When investing, your capital is at risk. The value of your investments can go down as well as up and you may get back less than you put in.

Read More

The content of this article is provided for information purposes only and is not intended to be, nor does it constitute, any form of personal advice. Investments in a currency other than sterling are exposed to currency exchange risk. Currency exchange rates are constantly changing, which may affect the value of the investment in sterling terms. You could lose money in sterling even if the stock price rises in the currency of origin. Stocks listed on overseas exchanges may be subject to additional dealing and exchange rate charges, and may have other tax implications, and may not provide the same, or any, regulatory protection as in the UK.
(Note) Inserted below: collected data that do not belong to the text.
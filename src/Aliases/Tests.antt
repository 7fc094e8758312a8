-- ===== src/Aliases/Tests.antt =====
-- A save of two channels, and what is read after it.
use buddy2api.Prelude.{◌≡◌, refl, none, some, [], ◌∷◌, String}
use buddy2api.Prelude.Texts.{strip}
use buddy2api.History.{Json, str, obj, no_fields, field, first_of}
use buddy2api.ContextBudget.Rejection.{starts_with}
use buddy2api.Aliases.{
  AliasMap, Stored, saved, alias_error, save_user_aliases, load_user_aliases, resolve,
  stored_fields, or_same, find_entry, user_aliases_for,
}
use buddy2api.Aliases.Resolved.{resolve-first_of}
use buddy2api.Aliases.Stored.{save_user_aliases-load_user_aliases}

abbrev builtin : String → AliasMap
builtin channel = ("auto", "m") ∷ []

abbrev given_json : Json
given_json = obj (
    field "qoder" (obj (field " fast " (str "q1") (field "auto" (str "q2") no_fields)))
      (field "loomy" (obj (field "big" (str " l1 ") no_fields)) no_fields))

abbrev stored : Stored
stored = ("qoder", ("fast", "q1") ∷ []) ∷ ("loomy", ("big", "l1") ∷ []) ∷ []

given_saves : save_user_aliases builtin given_json none ≡ saved stored
unfolding save_user_aliases strip starts_with
given_saves = refl

save_user_aliases-load_user_aliases_example :
    load_user_aliases (some (obj (stored_fields stored))) ≡ stored
save_user_aliases-load_user_aliases_example =
    save_user_aliases-load_user_aliases builtin given_json none stored given_saves

resolves_alias : resolve builtin "qoder" " fast" (some (obj (stored_fields stored))) ≡ "q1"
unfolding resolve strip
resolves_alias = refl

keeps_channels_apart : resolve builtin "loomy" "fast" (some (obj (stored_fields stored))) ≡ "fast"
unfolding resolve strip
keeps_channels_apart = refl

refuses_slash :
    save_user_aliases builtin (obj (field "a/b" (str "m") no_fields)) none
    ≡ alias_error "alias must not contain '/'"
unfolding save_user_aliases strip starts_with
refuses_slash = refl

resolve-first_of_example :
    resolve builtin "qoder" " fast" (some (obj (stored_fields stored)))
    ≡ or_same
        (first_of
          (find_entry
            (strip " fast")
            (user_aliases_for "qoder" (some (obj (stored_fields stored)))))
          (find_entry (strip " fast") (builtin "qoder")))
        (strip " fast")
unfolding strip
resolve-first_of_example =
    resolve-first_of builtin "qoder" " fast" (some (obj (stored_fields stored)))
You’re reading a free article with opinions that may differ from The Motley Fool’s Premium Investing Services. Become a Motley Fool member today to get instant access to our top analyst recommendations, in-depth research, investing resources, and more. Learn More.

The Mothercare (LSE:MTC) share price fell over 30% yesterday as the company announced its collapse into administration, after failing to find a buyer for its 79 UK stores. As I write, the share price has risen over 16% today so what does this mean? Its international business remains profitable and the brands may continue to be sold through other channels.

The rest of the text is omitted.